We process fragments of 256 elements in parallel using warp-level Tensor Core operations to achieve up to a 256-size Hadamard transform. For further sizes, we shuffle data between warps and repeat.
Microbenchmarks
We benchmark HadaCore against the Dao AI Lab Hadamard Kernel on both NVIDIA H100 and A100 GPUs across varying Hadamard and input tensor sizes.
Figure 4: HadaCore Kernel Speedup on NVIDIA A100 over Dao AI Lab Fast Hadamard Kernel
Color coded Speedup Table for NVIDIA A100, Green = Speedup over Baseline
Figure 5: HadaCore Kernel Speedup on NVIDIA H100 over Dao AI Lab Fast Hadamard Kernel
Color coded Speedup Table for NVIDIA H100, Green = Speedup over Baseline
We showcase our speedup as the input tensor size (labeled element count) in our charts increase. Element count is the number of elements in the target matrix we are rotating.
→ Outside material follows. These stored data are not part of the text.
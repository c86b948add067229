-- ===== src/Pipeline/Persistence/Laws.antt =====
-- What closing the last stage does to the database.
use acquire_intel.Prelude.{
  ◌+◌, ◌≡◌, refl, subst, sym, ap, ◌∙◌, ◌≢◌, ◌⊎◌, inl, inr, Bool, true, false, Option, none, some,
  List, [], ◌∷◌, ◌++◌, map, length, All, eqb, eqb_refl, arith, if◌then◌else◌,
}
use acquire_intel.Storage.Models.{PriceObservation, Database}
use acquire_intel.Storage.Products.{upsert, get_product, merged, get-upsert_if}
use acquire_intel.Storage.Observations.{append}
use acquire_intel.Pipeline.Spiders.{QualityIssue, volume_anomaly, out_of_range, discontinuous}
use acquire_intel.Pipeline.Normalize.{NormalizedItem}
use acquire_intel.Pipeline.Quality.{check_volume}
use acquire_intel.Pipeline.Persistence.{PersistencePipeline, row_of, flush, closed, close_spider}
use mathlib.Core.List.{append_assoc, append-nil}

abbrev pub Present : Database → NormalizedItem → Type 0
Present db item = get_product item.product.id db.products ≢ none

upsert-Present :
    (item new : NormalizedItem) (db : Database)
    → Present db item
    → Present (upsert (row_of new.product) db) item
upsert-Present item new db h e =
    go (eqb new.product.id item.product.id)
      (sym (get-upsert_if (row_of new.product) item.product.id db) ∙ e)
  where
    go :
        (b : Bool)
        → (if b
            then some (merged (row_of new.product) (get_product item.product.id db.products))
            else get_product item.product.id db.products)
          ≡ none
        → ⊥
    go true e = cc
    go false e = h e

upsert-Present_self :
    (new : NormalizedItem) (db : Database) → Present (upsert (row_of new.product) db) new
upsert-Present_self new db e =
    go (eqb new.product.id new.product.id) (eqb_refl new.product.id)
      (sym (get-upsert_if (row_of new.product) new.product.id db) ∙ e)
  where
    go :
        (b : Bool)
        → b ≡ true
        → (if b
            then some (merged (row_of new.product) (get_product new.product.id db.products))
            else get_product new.product.id db.products)
          ≡ none
        → ⊥
    go true h e = cc
    go false h e = cc

append-Present :
    (row : PriceObservation) (db : Database) (item : NormalizedItem)
    → Present db item
    → Present (append row db) item
unfolding append
append-Present row db item h = h

flush-Present :
    (item : NormalizedItem) (items : List NormalizedItem) (p : PersistencePipeline) (db : Database)
    → Present db item
    → Present (flush items p db).1 item
unfolding flush
flush-Present item [] p db h = h
flush-Present item (new ∷ items) p db h =
    flush-Present item items _ _
      (append-Present new.observation _ item (upsert-Present item new db h))

-- The whole of `items` is in the database: the observations in order after the old ones, and a row for
-- each product; the ledger is as it was.
pub record Committed (items : List NormalizedItem) (p : PersistencePipeline) (db : Database)
    (p' : PersistencePipeline) (db' : Database) : Type 0 where
  pub observations :
      db'.price_observations ≡ db.price_observations ++ map (λ item. item.observation) items
  pub products : All (Present db') items
  pub persisted : p'.persisted ≡ p.persisted + length items
  pub ledger : db'.crawl_runs ≡ db.crawl_runs

append-observations :
    (item : NormalizedItem) (db : Database)
    → (append item.observation (upsert (row_of item.product) db)).price_observations
      ≡ db.price_observations ++ item.observation ∷ []
unfolding append upsert
append-observations item db = refl

append-ledger :
    (item : NormalizedItem) (db : Database)
    → (append item.observation (upsert (row_of item.product) db)).crawl_runs ≡ db.crawl_runs
unfolding append upsert
append-ledger item db = refl

flush-Committed :
    (items : List NormalizedItem) (p : PersistencePipeline) (db : Database)
    → Committed items p db (flush items p db).0 (flush items p db).1
unfolding flush
flush-Committed [] p db = record {
  observations = sym (append-nil db.price_observations);
  products = tt;
  persisted = omega arith;
  ledger = refl;
}
flush-Committed (item ∷ items) p db =
    let more =
      flush-Committed items _ (append item.observation (upsert (row_of item.product) db)) in
    record {
      observations =
          more.observations
          ∙ ap (λ (t : List PriceObservation). t ++ map (λ item. item.observation) items)
              (append-observations item db)
          ∙ append_assoc db.price_observations (item.observation ∷ [])
              (map (λ item. item.observation) items);
      products = (
        flush-Present item items _ _
            (append-Present item.observation _ item (upsert-Present_self item db)),
        more.products,
      );
      persisted = omega (arith, more.persisted);
      ledger = more.ledger ∙ append-ledger item db;
    }

abbrev pub Quarantined : PersistencePipeline → Database → PersistencePipeline → Database → Type 0
Quarantined p db p' db' =
    (check_volume (length p.buffer) p.baseline p.thresholds ≡ some volume_anomaly)
    × (db' ≡ db)
    × (p'.persisted ≡ p.persisted)

-- The two ways to close.
close_spider-verdict :
    (p : PersistencePipeline) (db : Database) (v : Option QualityIssue)
    → p.enabled ≡ true
    → check_volume (length p.buffer) p.baseline p.thresholds ≡ v
    → close_spider p db ≡ closed v p db
unfolding close_spider
close_spider-verdict p db v h e = simp (h, e)

abbrev Result :
    Option QualityIssue → PersistencePipeline → Database → PersistencePipeline × Database → Type 0
Result v p db r =
    Quarantined p db r.0 r.1 ⊎ ((v ≢ some volume_anomaly) × Committed p.buffer p db r.0 r.1)

closed-Result :
    (p : PersistencePipeline) (db : Database) (v : Option QualityIssue)
    → check_volume (length p.buffer) p.baseline p.thresholds ≡ v
    → Result v p db (closed v p db)
unfolding closed
closed-Result p db none e = inr ((λ z. cc), flush-Committed p.buffer p db)
closed-Result p db (some out_of_range) e = inr ((λ z. cc), flush-Committed p.buffer p db)
closed-Result p db (some discontinuous) e = inr ((λ z. cc), flush-Committed p.buffer p db)
closed-Result p db (some volume_anomaly) e = inl (e, refl, refl)

-- Closing an enabled stage: a run that the volume gate refuses leaves the database as it was. Every
-- other run commits the whole buffer: its observations in order after the old ones, a row for each
-- product, and as many more counted as persisted; the ledger stays as it was.
pub close_spider-atomic :
    (p : PersistencePipeline) (db : Database)
    → p.enabled ≡ true
    → Quarantined p db (close_spider p db).0 (close_spider p db).1
      ⊎ ((check_volume (length p.buffer) p.baseline p.thresholds ≢ some volume_anomaly)
          × Committed p.buffer p db (close_spider p db).0 (close_spider p db).1)
close_spider-atomic p db h =
    let v = check_volume (length p.buffer) p.baseline p.thresholds in
    subst (Result v p db) (sym (close_spider-verdict p db v h refl)) (closed-Result p db v refl)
For example, in multi-head attention:
The queries (Q), keys (K) and values (V) tensors are 4D tensors of size:
(batch_size, seq_len, n_heads, head_dim)
A Hadamard matrix of size head_dim
is applied to these activation tensors, so we refer to this as using a Hadamard size of head_dim
with an element count of:
batch_size*seq_len*n_heads*head_dim.
Common element counts for query rotations in an attention block:
Model Tokens | Prefill | Decoding |
Llama-2 70b | 33,554,432 elements 128 Hadamard size (1 batch * 64 heads * 4096 tokens * 128 dimensional embeddings per head per token) |
8192 elements 128 Hadamard size (1 batch * 64 heads * 1 token * 128 dimensional embeddings per head per token) |
Llama-3 8b | 33,554,432 elements 128 Hadamard size (1 batch * 32 heads * 8192 tokens * 128 dimensional embeddings per head per token) |
4,096 elements 128 Hadamard size (1 batch * 32 heads * 1 token * 128 dimensional embeddings per head per token) |
HadaCore achieves 1.1–1.4x speedup on A100 and 1.0–1.3x speedup on H100 over Dao AI Lab’s Fast Hadamard kernel, with a peak gain of 3.5x and 3.6x, respectively. For smaller sizes on H100, HadaCore’s gain decreases. For future work, we plan to incorporate usage of Hopper specific features like TMA and WGMMA for improved H100 performance.
MMLU Benchmarks
We evaluated MMLU scores on a Llama 3.1-8B inference workload where the FlashAttention computation was performed in FP8. Newer generation NVIDIA Hopper GPUs come equipped with FP8 Tensor Cores that deliver substantial compute gain over FP16.
Our results show the benefit of using HadaCore for accuracy preservation when combined with optimizations such as FP8 FlashAttention.
Format | Method | Llama3.1-8B Avg. 5-Shot MMLU Accuracy |
Q, K, V: FP16 FlashAttention: FP16 |
N/A | 65.38 |
Q, K, V: FP16 FlashAttention: FP8 |
No Hadamard | 64.40 |
Q, K, V: FP8 FlashAttention: FP8 |
HadaCore | 65.09 |
Q, K, V: FP8 FlashAttention: FP8 |
Dao AI Fast Hadamard Kernel | 65.45 |
Table 1: MMLU scores for Llama3.1 8B with FP16 baseline and FP8 attention using Hadamard transforms, comparing an implementation with explicit Hadamard matrix multiplications vs. HadaCore (higher is better)
From the above MMLU scores, we note that for Llama3.1-8B inference with FP8 attention, HadaCore improves the quantization error introduced from computing attention in a lower precision.
Conclusion
We showcased our speedups achieved by moving the Fast-Walsh Hadamard algorithm into a CUDA kernel that leverages Tensor Core acceleration and achieves a peak speedup of 3.5x and 3.6x over the Dao AI Fast-Hadamard kernel on NVIDIA A100 and H100, respectively.
Further, we showed on the MMLU benchmark that rotating with HadaCore maintains similar quantization error reduction to the Fast-Hadamard kernel, while providing computational acceleration.
Future Work
We plan to implement a Triton version of our kernel and experiment with more advanced techniques such as kernel fusion to support fused Hadamard transform and quantization. Further, we plan to extend our kernel to support BF16 Tensor Core compute.